Stored items from a collection:

-- ===== src/File/Remove.antt =====
-- deletePage (src/file.cpp).
use hit_database_exp3p2_cpp.Base.{
  ℕ, ◌+◌, ◌≤◌, ◌<◌, ◌≡◌, ◌^◌, ◌%◌, refl, sym, subst, ◌∙◌, ap, some, List, [], ◌∷◌, ◌++◌, arith,
  length, true, if◌then◌else◌, ==-ne,
}
use hit_database_exp3p2_cpp.Result.{ok}
use hit_database_exp3p2_cpp.Page.{
  Page, page_number, next_page_number, set_next_page_number, initialize, is_used,
}
use hit_database_exp3p2_cpp.File.{delete_page}
use hit_database_exp3p2_cpp.File.Stream.{File, FileHeader, fetch}
use hit_database_exp3p2_cpp.File.Access.{with_page, fetch-with_page_self, length-with_page_in}
use hit_database_exp3p2_cpp.File.Links.{
  Links, Ascending, NotIn, IsFile, own, zero_tag, NotIn-append, NotIn-tag, IsFile-with_header,
}
use hit_database_exp3p2_cpp.File.Relink.{
  Ascending-Distinct, Ascending-remove, NotIn-middle, Links-at, snoc, length-snoc, length-middle,
  assoc,
}
use hit_database_exp3p2_cpp.File.Kept.{Keeps, Keeps-one, Keeps-before}
use hit_database_exp3p2_cpp.File.Written.{Links-with_page, Links-with_page_out}
use hit_database_exp3p2_cpp.File.Unlink.{delete_page_lem, unlink_head, unlink_behind}

module _ (f : File) (free : List ℕ) (n : ℕ) where
  abbrev h : FileHeader
  h = f.file_header

  abbrev cleared : Page
  cleared = set_next_page_number initialize h.first_free_page

  -- The header after deletePage, by the first used page.
  abbrev freed : ℕ → FileHeader
  freed first = record h {
    first_used_page = first;
    first_free_page = n;
    num_free_pages = (h.num_free_pages + 1) % 2 ^ 32;
  }

  -- What the last write of a page leaves, by the file `g` before it.
  module _ (xs ys : List ℕ) (is : IsFile f (xs ++ n ∷ ys) free) (g : File) (good : g.good ≡ true)
      (same_length : length g.pages ≡ length f.pages) (first : ℕ)
      (used_links : Links (fetch g) own h.num_pages first (xs ++ ys))
      (free_links : Links (fetch g) zero_tag h.num_pages h.first_free_page free) where
    IsFile-cleared :
        IsFile (record (with_page g n cleared) { file_header = freed first }) (xs ++ ys) (n ∷ free)
    unfolding initialize
    IsFile-cleared =
        let (pos, below, p, here, num, rest) =
          Links-at (fetch f) own h.num_pages h.first_used_page xs n ys is.used_links in
        let c = is.count in
        let s = is.small in
        let a = is.all in
        let k = is.counted in
        let m = length-middle xs n ys in
        let near : n ≤ length g.pages + 1 = omega arith in
        let small : n < 2 ^ 32 = omega arith in
        let same = length-with_page_in g good n cleared pos small (omega arith) in
        let out =
          NotIn-tag (fetch f) zero_tag h.num_pages h.first_free_page free n p here (omega arith)
            is.free_links in
        let alone = NotIn-middle xs n ys (Ascending-Distinct 0 (xs ++ n ∷ ys) is.ascending) in
        IsFile-with_header (with_page g n cleared) (freed first) (xs ++ ys) (n ∷ free) good
          (omega arith) s
          (Links-with_page g good h.num_pages n cleared pos small (omega arith) near own h.num_pages
            first (xs ++ ys) (omega arith) alone used_links)
          (
            refl,
            pos,
            below,
            cleared,
            fetch-with_page_self g good n cleared pos small,
            refl,
            Links-with_page g good h.num_pages n cleared pos small (omega arith) near zero_tag
                h.num_pages h.first_free_page free (omega arith) out free_links,
          )
          (Ascending-remove 0 xs n ys is.ascending) (out, is.distinct) (omega arith) (omega arith)

  fetch-cleared :
      (g : File) (first : ℕ)
      → g.good ≡ true
      → 0 < n
      → n < 2 ^ 32
      → fetch (record (with_page g n cleared) { file_header = freed first }) n ≡ some cleared
  unfolding fetch
  fetch-cleared g first good pos small = fetch-with_page_self g good n cleared pos small

  -- What deletePage leaves.
  abbrev Deleted : ℕ → List ℕ → Type 0
  Deleted fuel rest =
      (f' : File) × (delete_page fuel n f ≡ (ok tt, f'))
      × IsFile f' rest (n ∷ free)
      × Keeps f f' n
      × (fetch f' n ≡ some cleared)

  run_head : (fuel : ℕ) (ys : List ℕ) → IsFile f (n ∷ ys) free → Deleted fuel ys
  unfolding initialize
  run_head fuel ys is =
      let (a, pos, below, p, here, num, l) = is.used_links in
      (
        record (with_page f n cleared) { file_header = freed (next_page_number p) },
        delete_page_lem f is.good n p here below (omega arith) fuel initialize
            (record h { first_used_page = next_page_number p })
            (unlink_head f is.good n p here below (omega arith) fuel a),
        IsFile-cleared [] ys is f is.good refl (next_page_number p) l is.free_links,
        (let c = is.count in
            let s = is.small in
            Keeps-one f is.good n cleared pos (omega arith) (omega arith) (omega arith)
              (freed (next_page_number p))),
        (let c = is.count in
            let s = is.small in fetch-cleared f (next_page_number p) is.good pos (omega arith)),
      )

  module _ (xs : List ℕ) (y : ℕ) (ys : List ℕ) (is : IsFile f ((xs ++ y ∷ []) ++ n ∷ ys) free) where
    links : Links (fetch f) own h.num_pages h.first_used_page (xs ++ y ∷ n ∷ ys)
    links =
        subst (λ us. Links (fetch f) own h.num_pages h.first_used_page us) (assoc xs y (n ∷ ys))
          is.used_links

    ascending : Ascending 0 (xs ++ y ∷ n ∷ ys)
    ascending = subst (λ us. Ascending 0 us) (assoc xs y (n ∷ ys)) is.ascending

    rewritten :
        (q' : Page) (y : ℕ)
        → page_number q' ≡ y
        → 0 < y
        → (if is_used q' then with_page f (page_number q') q' else f) ≡ with_page f y q'
    rewritten q' y num pos =
        rw (==-ne (page_number q') 0 (omega arith)) (ap (λ k. with_page f k q') num)

    run_behind : (fuel : ℕ) → length xs < fuel → Deleted fuel ((xs ++ y ∷ []) ++ ys)
    run_behind fuel enough =
        let c = is.count in
        let s = is.small in
        let (pos_y, below_y, q, there, num_y, (next, pos, below, p, here, num, l)) =
          Links-at (fetch f) own h.num_pages h.first_used_page xs y (n ∷ ys) links in
        let q' = set_next_page_number q (next_page_number p) in
        let g = with_page f y q' in
        let distinct = Ascending-Distinct 0 (xs ++ y ∷ n ∷ ys) ascending in
        let shorter =
          Links-with_page_out f is.good h.num_pages y q' pos_y (omega arith) (omega arith)
            (omega arith) h.first_used_page n q p xs ys there refl links distinct here refl in
        let out =
          subst (λ us. NotIn n us) (assoc xs y ys)
            (NotIn-middle (xs ++ y ∷ []) n ys
              (Ascending-Distinct 0 ((xs ++ y ∷ []) ++ n ∷ ys) is.ascending)) in
        let run : delete_page fuel n f
            ≡ (ok tt, record (with_page g n cleared) { file_header = freed h.first_used_page }) =
          delete_page_lem f is.good n p here below (omega arith) fuel q' h (
            unlink_behind f is.good n p here below (omega arith) fuel xs y ys q num links out there
              next enough)
          ∙ ap
              (λ (k : File).
                (ok tt, record (with_page k n cleared) { file_header = freed h.first_used_page }))
              (rewritten q' y num_y pos_y) in
        (
          record (with_page g n cleared) { file_header = freed h.first_used_page },
          run,
          IsFile-cleared (xs ++ y ∷ []) ys is g is.good
              (length-with_page_in f is.good y q' pos_y (omega arith) (omega arith))
              h.first_used_page
              (subst (λ us. Links (fetch g) own h.num_pages h.first_used_page us)
                (sym (assoc xs y ys)) shorter)
              (Links-with_page f is.good h.num_pages y q' pos_y (omega arith) (omega arith)
                (omega arith) zero_tag h.num_pages h.first_free_page free (omega arith)
                (NotIn-tag (fetch f) zero_tag h.num_pages h.first_free_page free y q there
                  (omega arith) is.free_links)
                is.free_links),
          Keeps-before f is.good n cleared pos (omega arith) (omega arith) (omega arith)
              (freed h.first_used_page) y (next_page_number p) q there pos_y below_y (omega arith)
              (NotIn-append n xs (y ∷ ys) out).1.0,
          fetch-cleared g h.first_used_page is.good pos (omega arith),
        )

  by_first :
      (fuel : ℕ) (xs ys : List ℕ)
      → IsFile f (xs ++ n ∷ ys) free
      → length xs ≤ fuel
      → Deleted fuel (xs ++ ys)
  by_first fuel [] ys is enough = run_head fuel ys is
  by_first fuel (x ∷ xs) ys is enough =
      let (zs, y, split) = snoc x xs in
      let lens = ap (λ (us : List ℕ). length us) split in
      let more = length-snoc zs y in
      subst (λ us. Deleted fuel (us ++ ys)) (sym split)
        (run_behind zs y ys (subst (λ us. IsFile f (us ++ n ∷ ys) free) split is) fuel
          (omega arith))

pub delete_page_freed :
    (fuel : ℕ) (f : File) (n : ℕ) (xs ys free : List ℕ)
    → IsFile f (xs ++ n ∷ ys) free
    → length xs ≤ fuel
    → (f' : File) × (delete_page fuel n f ≡ (ok tt, f'))
      × IsFile f' (xs ++ ys) (n ∷ free)
      × Keeps f f' n
      × (fetch f' n ≡ some (set_next_page_number initialize f.file_header.first_free_page))
delete_page_freed fuel f n xs ys free is enough = by_first f free n fuel xs ys is enough

-- In a well-formed file, deletePage takes a used page out of the used list, whose
-- other pages keep their order, and puts it at the head of the free list; it does not throw, and
-- the file is well-formed again. Fuel for each used page before it is enough.
pub delete_page-IsFile :
    (fuel : ℕ) (f : File) (n : ℕ) (xs ys free : List ℕ)
    → IsFile f (xs ++ n ∷ ys) free
    → length xs ≤ fuel
    → (f' : File) × (delete_page fuel n f ≡ (ok tt, f')) × IsFile f' (xs ++ ys) (n ∷ free)
delete_page-IsFile fuel f n xs ys free is enough =
    let (f', run, is', keeps, at) = delete_page_freed fuel f n xs ys free is enough in
    (f', run, is')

TASK DETAILS => Compute the number of lines above that contain the string "rewritten". Reply with that value only.

RESULT OF THIS TASK => 3